Friday 29 Mar 2024
By
main news image

This article first appeared in The Edge Financial Daily on February 24, 2020

Malaysia Airports Holdings Bhd
(Feb 21, RM6.75)
Maintain hold with an unchanged target price of RM7.47:
Last Tuesday, the Singapore government announced a S$112 million (RM335.69 million) Aviation Sector Assistance Package, co-funded by the government, Civil Aviation Authority of Singapore (industry regulator) and by Changi Airport Group (CAG), the airport operator, in order to assist airlines affected by the Covid-19 outbreak.

Measures included 100% landing charge rebate/credit for flights from China to Singapore, 10% landing charge rebates for flights from Asean to Singapore, 100% parking charge rebate for all flights, and a six-month waiver of the planned 1% annual increase in aeronautical charges that was scheduled to take effect on April 1. This means the CAG will bear some of the costs related to assistance given to the airlines.

Airports of Thailand PCL (AOT) yesterday announced that it will offer discounts to help retailers at its Thai airports. AOT reserves the right to cancel or modify the assistance if the Covid-19 outbreak subsides.

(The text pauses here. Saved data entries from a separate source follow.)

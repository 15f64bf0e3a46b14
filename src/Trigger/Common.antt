-- ===== src/Trigger/Common.antt =====
-- The chains of a trigger block: common_config_chains and common_unconfig of
-- std_blocks/trig/common.c, which its start and stop hooks call. What the configs of the block
-- hold is given.
pub mod Restart
use microblx.Base.{ℕ, suc, Bool, not, Option, none, some, List, [], ◌∷◌, if◌then◌else◌}
use microblx.Base.Int.{ℤ, pos, negsuc, eqb_ℤ}
use microblx.Store.{CStr, Block}
use microblx.Trigger.{Triggee, Chain, chain_init, chain_cleanup}

-- The values of the configs, the port `tstats`, and what snprintf makes of CHAIN_NAME_FMT. The rate
-- is times NSEC_PER_SEC, and the mode and the number of triggers to skip are the int that was read.
pub record Settings : Type 0 where
  pub tstats_mode : ℤ
  pub tstats_skip_first : ℕ
  pub output_rate : ℕ
  pub p_tstats : ℕ
  pub chain_name : ℕ → CStr
  pub triggees : ℕ → List Triggee

-- The assignments to chain number i.
abbrev pub set_up : Settings → ℕ → Chain → Chain
set_up s i chain = record chain {
  tstats_mode = s.tstats_mode;
  tstats_skip_first = s.tstats_skip_first;
  p_tstats = some s.p_tstats;
  triggees = s.triggees i;
}

-- The loop from chain number i on. When a chain fails, those before it are cleaned up, the last
-- first; `got` tells which reallocations return memory.
unfoldable pub common_config_chains :
    (ℕ → Option Block) → (ℕ → Bool) → Settings → ℕ → List Chain → Option (ℤ × List Chain)
common_config_chains blocks got s i [] = some (pos 0, [])
common_config_chains blocks got s i (chain ∷ chains) =
    elim (chain_init blocks (got i) (some (s.chain_name i)) s.output_rate (set_up s i chain)) [
      | none ↦ none
      | some (ret, chain1) ↦
          if not (eqb_ℤ ret (pos 0))
          then some (negsuc 0, chain1 ∷ chains)
          else elim (common_config_chains blocks got s (suc i) chains) [
            | none ↦ none
            | some (ret', chains1) ↦
                if eqb_ℤ ret' (pos 0)
                then some (pos 0, chain1 ∷ chains1)
                else elim (chain_cleanup chain1) [
                  | none ↦ none
                  | some chain2 ↦ some (ret', chain2 ∷ chains1)
                ]
          ]
    ]

unfoldable pub common_unconfig : List Chain → Option (List Chain)
common_unconfig [] = some []
common_unconfig (chain ∷ chains) = elim (chain_cleanup chain) [
  | none ↦ none
  | some chain1 ↦ elim (common_unconfig chains) [
    | none ↦ none
    | some chains1 ↦ some (chain1 ∷ chains1)
  ]
]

AOT’s scheme includes: i) providing a 20% discount on fixed rent for one year from February until January 2021, extendable by one more year until March 2022; ii) exempting concessionaires from paying minimum guarantees and only charging them a share of actual revenues for up to two years between February 2020 and March 2022; and iii) potentially extending concession fee waivers for another six months upon request. During the 2003 severe acute respiratory syndrome crisis, the Malaysian government announced: 1) a 50% cut on landing and parking fees for flights operated by foreign airlines into the Kuala Lumpur International Airport for a period of one year; and 2) a 50% discount on rental rates for duty-free shops and other outlets at airports for seven months. These incentives were borne by Malaysia Airports Holdings Bhd (MAHB).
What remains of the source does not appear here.